WORK TASK:
In how many lines of the material below does the string "abbrev" appear? Answer with a single number.

STORED DATA:
╭──
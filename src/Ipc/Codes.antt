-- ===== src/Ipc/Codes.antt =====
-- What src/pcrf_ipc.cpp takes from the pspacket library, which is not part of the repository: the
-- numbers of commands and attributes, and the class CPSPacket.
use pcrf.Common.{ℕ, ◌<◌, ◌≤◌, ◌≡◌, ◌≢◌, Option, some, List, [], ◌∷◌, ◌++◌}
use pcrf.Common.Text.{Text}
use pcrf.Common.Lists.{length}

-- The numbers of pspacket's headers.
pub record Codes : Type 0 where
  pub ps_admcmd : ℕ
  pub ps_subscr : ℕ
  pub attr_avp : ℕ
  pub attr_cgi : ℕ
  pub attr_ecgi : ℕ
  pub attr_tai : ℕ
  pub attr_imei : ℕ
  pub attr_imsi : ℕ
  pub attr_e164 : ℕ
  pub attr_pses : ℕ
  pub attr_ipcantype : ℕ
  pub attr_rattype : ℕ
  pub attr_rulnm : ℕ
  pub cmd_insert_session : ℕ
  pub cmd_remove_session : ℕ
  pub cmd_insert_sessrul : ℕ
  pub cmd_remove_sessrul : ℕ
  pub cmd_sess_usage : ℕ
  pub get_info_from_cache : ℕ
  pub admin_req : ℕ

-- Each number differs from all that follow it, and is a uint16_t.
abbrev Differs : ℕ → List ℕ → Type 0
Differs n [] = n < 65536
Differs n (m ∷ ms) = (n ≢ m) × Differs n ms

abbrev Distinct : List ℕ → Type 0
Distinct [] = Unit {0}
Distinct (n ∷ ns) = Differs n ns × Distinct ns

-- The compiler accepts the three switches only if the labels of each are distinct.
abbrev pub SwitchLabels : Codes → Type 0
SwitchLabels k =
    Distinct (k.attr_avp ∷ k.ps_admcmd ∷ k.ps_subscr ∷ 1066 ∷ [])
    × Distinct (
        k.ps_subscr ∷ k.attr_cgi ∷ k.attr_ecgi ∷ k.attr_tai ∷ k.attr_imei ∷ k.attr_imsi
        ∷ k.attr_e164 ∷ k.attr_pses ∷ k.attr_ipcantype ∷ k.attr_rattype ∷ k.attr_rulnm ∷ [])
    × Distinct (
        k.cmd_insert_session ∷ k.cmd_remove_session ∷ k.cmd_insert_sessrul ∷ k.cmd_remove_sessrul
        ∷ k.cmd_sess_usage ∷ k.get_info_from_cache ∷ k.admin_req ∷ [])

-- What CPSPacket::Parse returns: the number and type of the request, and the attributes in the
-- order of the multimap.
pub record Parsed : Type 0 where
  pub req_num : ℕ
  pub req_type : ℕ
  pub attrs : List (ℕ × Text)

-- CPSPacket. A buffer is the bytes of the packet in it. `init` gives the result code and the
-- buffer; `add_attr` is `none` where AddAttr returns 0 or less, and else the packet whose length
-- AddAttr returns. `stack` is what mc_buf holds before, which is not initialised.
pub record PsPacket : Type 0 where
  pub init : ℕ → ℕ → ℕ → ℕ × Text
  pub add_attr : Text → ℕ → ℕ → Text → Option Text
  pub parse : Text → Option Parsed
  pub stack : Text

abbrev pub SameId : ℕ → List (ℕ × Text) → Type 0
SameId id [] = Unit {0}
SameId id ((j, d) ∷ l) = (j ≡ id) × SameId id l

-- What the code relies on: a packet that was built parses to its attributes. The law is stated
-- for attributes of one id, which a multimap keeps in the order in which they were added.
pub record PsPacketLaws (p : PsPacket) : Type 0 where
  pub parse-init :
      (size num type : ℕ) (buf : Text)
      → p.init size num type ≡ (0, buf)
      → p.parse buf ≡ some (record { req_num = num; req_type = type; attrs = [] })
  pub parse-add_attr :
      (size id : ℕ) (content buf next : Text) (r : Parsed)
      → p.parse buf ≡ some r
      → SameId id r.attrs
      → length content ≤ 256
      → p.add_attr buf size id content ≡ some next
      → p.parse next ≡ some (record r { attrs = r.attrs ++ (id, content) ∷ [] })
╰──
╭──
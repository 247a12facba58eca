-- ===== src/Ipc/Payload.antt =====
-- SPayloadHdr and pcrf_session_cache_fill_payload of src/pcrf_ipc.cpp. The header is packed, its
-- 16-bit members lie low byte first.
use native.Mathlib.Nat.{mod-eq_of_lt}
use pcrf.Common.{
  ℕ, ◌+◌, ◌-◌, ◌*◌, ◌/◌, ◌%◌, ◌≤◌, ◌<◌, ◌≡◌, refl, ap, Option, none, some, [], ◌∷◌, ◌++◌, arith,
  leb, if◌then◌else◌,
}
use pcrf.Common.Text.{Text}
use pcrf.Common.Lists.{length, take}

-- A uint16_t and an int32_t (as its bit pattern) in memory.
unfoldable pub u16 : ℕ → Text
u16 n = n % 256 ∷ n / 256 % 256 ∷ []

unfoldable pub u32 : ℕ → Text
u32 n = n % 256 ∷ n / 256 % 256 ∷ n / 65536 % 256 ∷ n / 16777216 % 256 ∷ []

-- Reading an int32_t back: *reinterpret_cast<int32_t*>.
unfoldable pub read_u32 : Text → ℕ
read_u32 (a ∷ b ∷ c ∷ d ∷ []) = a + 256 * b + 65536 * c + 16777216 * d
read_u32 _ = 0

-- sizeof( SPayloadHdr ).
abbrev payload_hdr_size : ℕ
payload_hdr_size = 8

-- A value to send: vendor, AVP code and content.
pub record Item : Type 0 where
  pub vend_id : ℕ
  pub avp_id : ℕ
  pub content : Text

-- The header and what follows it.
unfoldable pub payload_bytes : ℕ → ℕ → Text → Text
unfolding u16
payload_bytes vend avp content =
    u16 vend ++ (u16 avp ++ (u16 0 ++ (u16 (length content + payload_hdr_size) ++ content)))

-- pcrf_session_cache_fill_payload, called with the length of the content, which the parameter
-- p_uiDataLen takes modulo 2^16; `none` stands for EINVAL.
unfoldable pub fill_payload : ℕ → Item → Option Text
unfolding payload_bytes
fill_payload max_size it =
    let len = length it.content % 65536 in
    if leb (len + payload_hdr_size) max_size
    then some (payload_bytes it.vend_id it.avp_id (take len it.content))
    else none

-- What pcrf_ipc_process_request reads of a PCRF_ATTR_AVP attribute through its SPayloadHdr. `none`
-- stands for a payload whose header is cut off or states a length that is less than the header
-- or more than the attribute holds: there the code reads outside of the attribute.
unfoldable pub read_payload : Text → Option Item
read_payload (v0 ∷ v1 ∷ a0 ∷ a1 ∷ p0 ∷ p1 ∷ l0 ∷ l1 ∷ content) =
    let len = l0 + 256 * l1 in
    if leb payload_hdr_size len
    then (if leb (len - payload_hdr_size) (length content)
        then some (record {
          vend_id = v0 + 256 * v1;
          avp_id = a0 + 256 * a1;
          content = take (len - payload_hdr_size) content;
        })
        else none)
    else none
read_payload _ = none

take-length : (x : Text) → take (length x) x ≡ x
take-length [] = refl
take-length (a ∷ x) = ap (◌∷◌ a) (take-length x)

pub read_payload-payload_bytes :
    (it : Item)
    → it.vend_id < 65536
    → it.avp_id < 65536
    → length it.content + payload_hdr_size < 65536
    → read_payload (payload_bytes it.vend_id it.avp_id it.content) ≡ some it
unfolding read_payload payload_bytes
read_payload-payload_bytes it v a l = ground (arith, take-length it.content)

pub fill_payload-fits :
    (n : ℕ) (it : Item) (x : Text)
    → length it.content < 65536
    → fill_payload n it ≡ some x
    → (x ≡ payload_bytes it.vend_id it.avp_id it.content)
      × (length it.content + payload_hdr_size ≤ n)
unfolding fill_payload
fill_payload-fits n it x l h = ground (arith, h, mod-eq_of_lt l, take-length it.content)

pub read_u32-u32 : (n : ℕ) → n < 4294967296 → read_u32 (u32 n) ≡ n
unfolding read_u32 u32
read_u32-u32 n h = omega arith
╰──
EXERCISE ANSWER:
5